XXXIX
What she had the power to do was to awake in him sensations, sensations of mystery and of charm, sensations of the rare moods of nature and of the night, sensations that brought the youth of the artist thronging back to him. Of this he spoke to her frankly, trying to make her understand. It was one evening, when a sudden squall was whistling under the doors, and the rain pellets, wind-driven, were rattling against the windows. They were before the fire-place, the dishes cleaned for the night, watching the glow of charring logs, Inga stretched full-length on the rug, her elbows on the floor, chin in her hands, Dangerfield rocking back, drawing long clouds of fragrant smoke from his pipe. He watched her (he never tired of studying her instinctive poses) with a sense of eye-delight. There was something feline and pliant in her contemplation of the fire, the wonder one sees in a graceful animal fascinated by a burning flame which lies beyond the world of its comprehension. Inga, to him, was a constant source of pleasant sensations and unfathomed surprises. He rose and laid a stick on the red ruins, cities and palaces in miniature, and returned to his seat, as the stick caught fire and sent its fluttering shadows into the room.

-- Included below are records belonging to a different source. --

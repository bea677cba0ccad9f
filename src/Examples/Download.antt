-- ===== src/Examples/Download.antt =====
-- A file of one block, opened and fetched.
use libtopfield.Base.{◌≡◌, refl, List, [], ◌∷◌, ◌++◌, some, false, ℕ, arith}
use libtopfield.Base.Texts.{codes}
use libtopfield.Bytes.{get_u32, put_u16, put_u32, put_u64}
use libtopfield.Packet.{
  TfPacket, tf_req_init, tf_req_putfilename, put_name, tf_req_put8, tf_req_put16, tf_req_put64,
  store, backslash, tf_req_done,
}
use libtopfield.Handle.{State}
use libtopfield.Dirent.Wire.{descriptor_bytes, entry_of}
use libtopfield.Put.{file_send_request}
use libtopfield.Put.Requests.{IsSend}
use libtopfield.Get.{tf_cmd_get}
use libtopfield.Get.Stream.{Downloads}
use libtopfield.Get.Session.{Opens, tf_cmd_get-Downloads}
use libtopfield.Examples.Device.{device, open_handle, utc}
use libtopfield.Examples.Directory.{recording, recording-IsDescriptor}
use libtopfield.Examples.Files.{two_packets, small_file}
use libtopfield.Err
use libtopfield.Msg

abbrev path : List ℕ
path = codes "/a"

abbrev request : TfPacket
request = record {
  length = 22;
  cmd = put_u32 Msg.hdd_file_send;
  body = 1 ∷ 0 ∷ 3 ∷ 92 ∷ 97 ∷ 0 ∷ put_u64 4096;
}

abbrev start : TfPacket
start = record {
  length = 122;
  cmd = put_u32 Msg.hdd_file_start;
  body = descriptor_bytes (recording 300000);
}

abbrev answers : List (List ℕ)
answers = (tf_req_done start ++ []) ∷ two_packets

abbrev idle : State (List (List ℕ))
idle = record { tf = record open_handle { pending = false }; world = answers }

named : file_send_request Msg.dir_get path 4096 ≡ some request
unfolding file_send_request tf_req_putfilename put_name tf_req_put8 tf_req_put16 tf_req_put64 store
    backslash tf_req_init put_u64 put_u16
named = refl

recording_sent : Opens device 11000 answers request (recording 300000) ((4096, 1 ∷ 2 ∷ 3 ∷ []) ∷ [])
unfolding get_u32 put_u32 descriptor_bytes put_u64
recording_sent = record {
  asked = answers;
  answered = two_packets;
  acked = two_packets;
  start = start;
  junk = [];
  takes = refl;
  request = record {
    sized = refl;
    fits = omega arith;
    cmd_sized = refl;
    cmd_bytes = omega arith;
    body_bytes = omega arith;
  };
  is_start = refl;
  body_is = refl;
  descriptor = recording-IsDescriptor;
  junk_bytes = tt;
  sends = refl;
  acks = refl;
  streams = small_file;
}

tf_cmd_get-Downloads_example :
    IsSend request 1 path 4096
    × (t : State (List (List ℕ))) × (tf_cmd_get device utc path 4096 idle
        ≡ some ((Err.ok, some (entry_of utc (recording 300000))), t))
    × Downloads device t ((4096, 1 ∷ 2 ∷ 3 ∷ []) ∷ [])
tf_cmd_get-Downloads_example =
    tf_cmd_get-Downloads device utc path 4096 idle request (recording 300000)
      ((4096, 1 ∷ 2 ∷ 3 ∷ []) ∷ []) refl refl refl (omega arith) (omega arith) (omega arith) named
      recording_sent
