-- ===== src/Fw/Device.antt =====
-- The device's side of a firmware upload (tf_fwio.c), and the calls that a caller makes in one.
use libtopfield.Base.{
  ℕ, ◌+◌, ◌*◌, ◌-◌, ◌<◌, ◌≤◌, ◌≡◌, List, [], ◌∷◌, ◌++◌, Option, none, some, length, take, drop,
}
use libtopfield.Base.Int.{ℤ, pos}
use libtopfield.Bytes.Arith.{IsBytes}
use libtopfield.Handle.{Usb, State}
use libtopfield.Fw.Wire.{wire_of, IsPadded}
use libtopfield.Fw.{
  max_data_size, max_send_size, fw_packet_size, FwPacket, TfFwData, tf_fw_upload_next,
}

module _ {W : Type 0} (usb : Usb W) (timeout : ℕ) where
  -- The device takes `len` bytes, of which no transfer has more than 0x4000.
  pub data Takes : W → List ℕ → ℕ → W → Type 0 where
    last :
        (w : W) (bytes : List ℕ) (len : ℕ) (after : W)
        → len ≤ max_send_size
        → usb.bulk_write w 0x01 bytes len timeout ≡ (pos len, after)
        → Takes w bytes len after
    more :
        (w : W) (bytes : List ℕ) (len : ℕ) (between after : W)
        → max_send_size < len
        → usb.bulk_write w 0x01 bytes max_send_size timeout ≡ (pos max_send_size, between)
        → Takes between (drop max_send_size bytes) (len - max_send_size) after
        → Takes w bytes len after

  -- The device takes a packet and its padding.
  pub record TakesPacket (w : W) (req : FwPacket) (after : W) : Type 0 where
    pub moved : ℕ
    pub padded : IsPadded (9 + length req.payload) moved
    pub takes : Takes w (wire_of req.seq req.cmd req.payload) moved after

  -- The device sends a packet, with `junk` behind it.
  abbrev pub SendsPacket : W → FwPacket → List ℕ → W → Type 0
  SendsPacket w reply junk after =
      let bytes = wire_of reply.seq reply.cmd reply.payload ++ junk in
      usb.bulk_read w 0x82 fw_packet_size timeout ≡ (pos (length bytes), bytes, after)

-- A REQ_DATA packet: two bytes of the length and three of the offset, the highest first.
abbrev pub asking : ℕ → ℕ → ℕ → ℕ → ℕ → ℕ → FwPacket
asking seq l1 l0 o2 o1 o0 = record { seq = seq; cmd = 0x04; payload = l1 ∷ l0 ∷ o2 ∷ o1 ∷ o0 ∷ [] }

-- What it asks for.
abbrev pub asked : ℕ → ℕ → ℕ → ℕ → ℕ → ℕ → TfFwData
asked seq l1 l0 o2 o1 o0 = record {
  seq = seq;
  len = l1 * 256 + l0;
  offset = o2 * 65536 + o1 * 256 + o0;
}

-- The part of the image that a request asks for.
abbrev pub piece : List ℕ → TfFwData → List ℕ
piece image wanted = take wanted.len (drop wanted.offset image)

-- The packet that answers it: a DATA packet with the sequence number of the request.
abbrev pub data_packet : List ℕ → TfFwData → FwPacket
data_packet image wanted = record { seq = wanted.seq; cmd = 0x05; payload = piece image wanted }

-- A device that asks for pieces of the image, one when it has the one before, and then sends END.
pub data Asks {W : Type 0} (usb : Usb W) (timeout : ℕ) (image : List ℕ)
    : W → List TfFwData → Type 0 where
  ends :
      (w after : W) (reply : FwPacket) (junk : List ℕ)
      → reply.cmd ≡ 0x06
      → length reply.payload ≤ max_data_size
      → SendsPacket usb timeout w reply junk after
      → Asks usb timeout image w []
  asks :
      (w between after : W) (seq l1 l0 o2 o1 o0 : ℕ) (junk : List ℕ) (rest : List TfFwData)
      → IsBytes (seq ∷ l1 ∷ l0 ∷ o2 ∷ o1 ∷ o0 ∷ [])
      → length (piece image (asked seq l1 l0 o2 o1 o0)) ≤ max_data_size
      → SendsPacket usb timeout w (asking seq l1 l0 o2 o1 o0) junk between
      → TakesPacket usb timeout between (data_packet image (asked seq l1 l0 o2 o1 o0)) after
      → Asks usb timeout image after rest
      → Asks usb timeout image w (asked seq l1 l0 o2 o1 o0 ∷ rest)

-- The calls of `tf_fw_upload_next` that answer what the call before returned, until one returns 1.
pub data Uploads {W : Type 0} (usb : Usb W) (image : List ℕ)
    : ℤ → Option TfFwData → State W → List TfFwData → Type 0 where
  finished : (s : State W) → Uploads usb image (pos 1) none s []
  next :
      (s t : State W) (wanted : TfFwData) (code : ℤ) (got : Option TfFwData) (rest : List TfFwData)
      → tf_fw_upload_next usb (piece image wanted) wanted s ≡ some ((code, got), t)
      → Uploads usb image code got t rest
      → Uploads usb image (pos 0) (some wanted) s (wanted ∷ rest)

-- The first packet of an upload.
abbrev pub hello : FwPacket
hello = record { seq = 0; cmd = 0x01; payload = [] }

-- A device that takes the first packet and sends its ID.
pub record Greets {W : Type 0} (usb : Usb W) (timeout : ℕ) (w after : W) : Type 0 where
  pub between : W
  pub takes : TakesPacket usb timeout w hello between
  pub reply : FwPacket
  pub junk : List ℕ
  pub is_id : reply.cmd ≡ 0x02
  pub fits : length reply.payload ≤ max_data_size
  pub sends : SendsPacket usb timeout between reply junk after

“Feels good to be here, wind and rain outside, fire and shelter, inside—that’s home,” he said. She nodded without turning, divining that he felt like talking to himself. Presently he said, as though appreciative of her intuition:
“Good work to-day. I’ll make something big out of that sketch, that inlet seen through the mist—bully skyline, and taken just from the right spot. There’s something going on in me, the power to feel effects, not simply to transcribe them—thanks to you. You’ve done a bigger thing than just getting hold of me, Inga; you’ve given me back the power of sensations—that’s youth, that’s the artist. Well, to be an artist is to retain youth, I suppose, the ability to receive sensations. You’ve got that instinct yourself, primitive, savage, but it’s there in everything you do. And I get it from you, from watching you, from feeling through your eyes. That’s the big thing—to feed me with sensations. You see that’s what civilization has taken from us, the power of sensations, passion, love, hate, fear—all great sensations of the artist. Civilization steps in and fences us about; passion exists only when it is a destructive force; love even—blind, romantic love—civilization has turned into an economical partnership; hatred, the fierce, cleansing passion to destroy, is taken from us, even fear, the greatest of all, the fear of great unknown nature and hidden voices in the sky, the sea and the woods, the terror of the night when the other world may return—civilization has deprived us of that, too, by explaining it. Civilization is constantly at war with our elemental nature. But to the artist, the elemental, the world of the instincts and sensations is the world of creation. That’s why we break through conventions, why we seem constantly in revolt against society—the need of sensation. To convey, one must be keen to receive—Too abstruse? Well, that’s what I am living in, reveling in now—yes, for the first time in my life.”
She listened, her large eyes intent on him, her brows a little drawn, nodding when he came to an end. Yet he wondered. He had a queer, half-humorous feeling that she had understood nothing, and yet that she was industriously storing away his words, as a squirrel buries food against the winter, for some further use—for some other queer turn of her existence.
At the bottom, he was content that she should acquiesce and not discuss, that she lay before him in a languid, graceful picture looking out at him from eyes that were like the uttermost sea. With her, he felt absolutely, pleasantly alone with himself, in a stimulating self-communion, his imagination rekindled, his mind taking flame with new ideas. And this mental fertilization was due, as he himself acknowledged, to the charm of his existence with her, to the curiosity she had awakened in him with the abrupt releasing of riotous, youthful nature, even as a wild grace and glory had come into her eyes with the liberty of her released hair, which came tumbling and turning about her slender, dark face. Sometimes, when she stood on the edge of a cliff, she flung her hair completely free, her head thrown back, her throat bared, lying back on the arms of the wind.
“What a trick civilization has played on her!” he thought, at such times. “She should be a bride of a Viking rover, not of me.”
One night, in mid-August, when every leaf lay flat upon the torpid air, he awoke with a restless sense of loss. The room rose luminous in the flood of moonlight. He turned to the couch at his side. It was empty.
“Inga?” he said softly.
Then he repeated his call, and there was no answering sound. He did not feel alarm, knowing well her moods, but, being wakeful, he felt a curiosity to know where her impulse had taken her. He rose and stood a moment at the threshold in the warm night. From where he stood, the cove lay revealed, the mellow sands and the back of the cliff, inky there in the frown of the full moon which flooded the shore, the water, and the dominion of the air above him. Then he went quietly up the path, and stole over the bank. Below, in the phosphorescent waters that rose luminously over her white body, Inga was floating over the long, slow, in-drifting swell. He moved down cautiously in the deep shadows, careful to make no sound, taking his seat on a projecting ledge. Below, the sanded strip lay glistening like an Arabian Nights’ field of jewels.